== Action item ==
Give again, word for word, every line in the entries below from the line with "size = size;" up to and including the line with "offset = encapsulation_size;", and no other line.

****

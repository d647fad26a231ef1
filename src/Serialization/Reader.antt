-- ===== src/Serialization/Reader.antt =====
-- CdrReader of include/openrtdds/serialization/cdr.hpp and src/serialization/cdr.cpp. Operations
-- return the value that was read, or `none` for the answer `false`, and the new reader.
use open_rtdds.Prelude.{
  ℕ, zero, suc, ◌-◌, ◌%◌, ◌^◌, Bool, true, false, ◌&&◌, ◌||◌, not, List, [], ◌∷◌, Option, ltb, ◌==◌,
  ◌!=◌, if◌then◌else◌, add64, sub64, BytePointer,
}
use open_rtdds.Core.History.{is_null}
use open_rtdds.Rtps.Types.{ByteOrder, big_endian, little_endian}
use open_rtdds.Serialization.Cdr.{
  CdrError, is_good, encapsulation_size, aligned_position, byte_at, copy_to,
}
use open_rtdds.Serialization.Integral.{load_integral}

pub record CdrReader : Type 0 where
  pub buffer : BytePointer
  pub size : ℕ
  pub offset : ℕ
  pub origin : ℕ
  pub byte_order : ByteOrder
  pub error : CdrError
  pub initialized : Bool

unfoldable pub init : BytePointer → ℕ → CdrReader
init buffer size = record {
  buffer = buffer;
  size = size;
  offset = 0;
  origin = 0;
  byte_order = little_endian;
  error = if is_null buffer && size != 0 then CdrError.invalid_argument else CdrError.none;
  initialized = false;
}

abbrev pub fail : CdrReader → CdrError → CdrReader
fail r error = record r { error = if is_good r.error then error else r.error }

abbrev pub restarted : CdrReader → CdrReader
restarted r = record r { offset = 0; origin = 0; initialized = false; error = CdrError.none }

unfoldable pub begin : CdrReader → Bool × CdrReader
begin r =
    if is_null r.buffer && r.size != 0
    then (false, fail (restarted r) CdrError.invalid_argument)
    else if ltb r.size encapsulation_size
    then (false, fail (restarted r) CdrError.underflow)
    else if byte_at r.buffer 0 != 0 || (byte_at r.buffer 1 != 0 && byte_at r.buffer 1 != 1)
    then (false, fail (restarted r) CdrError.unsupported_encoding)
    else (
      true,
      record (restarted r) {
        byte_order = if byte_at r.buffer 1 == 1 then little_endian else big_endian;
        offset = encapsulation_size;
        origin = encapsulation_size;
        initialized = true;
      },
    )

abbrev pub locate_at : CdrReader → ℕ → Option ℕ → Option (ℕ × ℕ) × CdrReader
locate_at r width Option.none = (Option.none, fail r CdrError.underflow)
locate_at r width (Option.some start) =
    if ltb r.size start || ltb (r.size - start) width
    then (Option.none, fail r CdrError.underflow)
    else (Option.some (start, add64 start width), r)

-- The start and the end of the bytes to read.
unfoldable pub locate : CdrReader → ℕ → ℕ → Option (ℕ × ℕ) × CdrReader
locate r alignment width =
    if not (is_good r.error)
    then (Option.none, r)
    else if not r.initialized
    then (Option.none, fail r CdrError.not_initialized)
    else locate_at r width (aligned_position r.offset r.origin alignment)

abbrev pub finish_integral : ℕ → Option (ℕ × ℕ) × CdrReader → Option ℕ × CdrReader
finish_integral width (Option.none, r) = (Option.none, r)
finish_integral width (Option.some (start, end), r) =
    (Option.some (load_integral r.byte_order start width r.buffer), record r { offset = end })

unfoldable pub read_integral : CdrReader → ℕ → ℕ → Option ℕ × CdrReader
read_integral r width alignment = finish_integral width (locate r alignment width)

-- The cast to an unsigned type of `bits` bits.
abbrev pub narrowed : ℕ → Option ℕ × CdrReader → Option ℕ × CdrReader
narrowed bits (Option.none, r) = (Option.none, r)
narrowed bits (Option.some value, r) = (Option.some (value % 2 ^ bits), r)

abbrev pub read_uint8 : CdrReader → Option ℕ × CdrReader
read_uint8 r = narrowed 8 (read_integral r 1 1)

abbrev pub read_uint16 : CdrReader → Option ℕ × CdrReader
read_uint16 r = narrowed 16 (read_integral r 2 2)

abbrev pub read_uint32 : CdrReader → Option ℕ × CdrReader
read_uint32 r = narrowed 32 (read_integral r 4 4)

abbrev pub read_uint64 : CdrReader → Option ℕ × CdrReader
read_uint64 r = read_integral r 8 8

abbrev pub read_int16 : CdrReader → Option ℕ × CdrReader
read_int16 r = read_uint16 r

abbrev pub read_int32 : CdrReader → Option ℕ × CdrReader
read_int32 r = read_uint32 r

abbrev pub read_int64 : CdrReader → Option ℕ × CdrReader
read_int64 r = read_uint64 r

abbrev pub read_float32 : CdrReader → Option ℕ × CdrReader
read_float32 r = read_uint32 r

abbrev pub read_float64 : CdrReader → Option ℕ × CdrReader
read_float64 r = read_uint64 r

-- The offset goes back where the byte is no Boolean.
abbrev pub finish_bool : ℕ → Option ℕ × CdrReader → Option Bool × CdrReader
finish_bool saved (Option.none, r) = (Option.none, r)
finish_bool saved (Option.some encoded, r) =
    if ltb 1 encoded
    then (Option.none, fail (record r { offset = saved }) CdrError.invalid_data)
    else (Option.some (encoded == 1), r)

unfoldable pub read_bool : CdrReader → Option Bool × CdrReader
read_bool r = finish_bool r.offset (read_uint8 r)

-- The `size` bytes from an index on.
abbrev pub bytes_from : BytePointer → ℕ → ℕ → List ℕ
bytes_from buffer start zero = []
bytes_from buffer start (suc size) = byte_at buffer start ∷ bytes_from buffer (suc start) size

-- The value is the memory behind the destination after the copy.
abbrev pub finish_bytes :
    BytePointer → ℕ → Option (ℕ × ℕ) × CdrReader → Option BytePointer × CdrReader
finish_bytes destination size (Option.none, r) = (Option.none, r)
finish_bytes destination size (Option.some (start, end), r) = (
  Option.some
      (if size != 0 then copy_to destination 0 (bytes_from r.buffer start size) else destination),
  record r { offset = end },
)

unfoldable pub read_bytes : CdrReader → BytePointer → ℕ → Option BytePointer × CdrReader
read_bytes r destination size =
    if is_null destination && size != 0
    then (Option.none, fail r CdrError.invalid_argument)
    else finish_bytes destination size (locate r 1 size)

-- The string of `serialized_length` bytes with its NUL from `data_start` on. The value is the index
-- of its first character and the number of characters.
unfoldable pub string_view_at : CdrReader → ℕ → ℕ → ℕ → Option (ℕ × ℕ) × CdrReader
string_view_at r max_characters serialized_length data_start =
    if serialized_length == 0
    then (Option.none, fail r CdrError.invalid_data)
    else if ltb max_characters (serialized_length - 1)
    then (Option.none, fail r CdrError.bound_exceeded)
    else if ltb r.size data_start || ltb (r.size - data_start) serialized_length
    then (Option.none, fail r CdrError.underflow)
    else if byte_at r.buffer (add64 data_start (serialized_length - 1)) != 0
    then (Option.none, fail r CdrError.invalid_data)
    else (
      Option.some (data_start, serialized_length - 1),
      record r { offset = add64 data_start serialized_length },
    )

abbrev pub finish_string_view : ℕ → Option (ℕ × ℕ) × CdrReader → Option (ℕ × ℕ) × CdrReader
finish_string_view max_characters (Option.none, r) = (Option.none, r)
finish_string_view max_characters (Option.some (length_start, data_start), r) =
    string_view_at r max_characters (load_integral r.byte_order length_start 4 r.buffer) data_start

unfoldable pub read_string_view : CdrReader → ℕ → Option (ℕ × ℕ) × CdrReader
read_string_view r max_characters = finish_string_view max_characters (locate r 4 4)

unfoldable pub string_at :
    CdrReader → BytePointer → ℕ → ℕ → ℕ → ℕ → Option (BytePointer × ℕ) × CdrReader
string_at r destination destination_capacity max_characters serialized_length data_start =
    if serialized_length == 0
    then (Option.none, fail r CdrError.invalid_data)
    else if ltb max_characters (serialized_length - 1)
    then (Option.none, fail r CdrError.bound_exceeded)
    else if ltb destination_capacity serialized_length
    then (Option.none, fail r CdrError.bound_exceeded)
    else if ltb r.size data_start || ltb (r.size - data_start) serialized_length
    then (Option.none, fail r CdrError.underflow)
    else if byte_at r.buffer (sub64 (add64 data_start serialized_length) 1) != 0
    then (Option.none, fail r CdrError.invalid_data)
    else (
      Option.some (
        copy_to destination 0 (bytes_from r.buffer data_start serialized_length),
        serialized_length - 1,
      ),
      record r { offset = add64 data_start serialized_length },
    )

abbrev pub finish_string :
    BytePointer → ℕ → ℕ → Option (ℕ × ℕ) × CdrReader → Option (BytePointer × ℕ) × CdrReader
finish_string destination destination_capacity max_characters (Option.none, r) = (Option.none, r)
finish_string destination destination_capacity max_characters
      (Option.some (length_start, data_start), r) =
    string_at r destination destination_capacity max_characters
      (load_integral r.byte_order length_start 4 r.buffer) data_start

-- The value is the memory behind the destination after the copy, and the number of characters.
unfoldable pub read_string : CdrReader → BytePointer → ℕ → ℕ → Option (BytePointer × ℕ) × CdrReader
read_string r destination destination_capacity max_characters =
    if is_null destination && destination_capacity != 0
    then (Option.none, fail r CdrError.invalid_argument)
    else finish_string destination destination_capacity max_characters (locate r 4 4)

****

== Exercise answer ==
  size = size;
  offset = 0;
  origin = 0;
  byte_order = little_endian;
  error = if is_null buffer && size != 0 then CdrError.invalid_argument else CdrError.none;
  initialized = false;
}

abbrev pub fail : CdrReader → CdrError → CdrReader
fail r error = record r { error = if is_good r.error then error else r.error }

abbrev pub restarted : CdrReader → CdrReader
restarted r = record r { offset = 0; origin = 0; initialized = false; error = CdrError.none }

unfoldable pub begin : CdrReader → Bool × CdrReader
begin r =
    if is_null r.buffer && r.size != 0
    then (false, fail (restarted r) CdrError.invalid_argument)
    else if ltb r.size encapsulation_size
    then (false, fail (restarted r) CdrError.underflow)
    else if byte_at r.buffer 0 != 0 || (byte_at r.buffer 1 != 0 && byte_at r.buffer 1 != 1)
    then (false, fail (restarted r) CdrError.unsupported_encoding)
    else (
      true,
      record (restarted r) {
        byte_order = if byte_at r.buffer 1 == 1 then little_endian else big_endian;
        offset = encapsulation_size;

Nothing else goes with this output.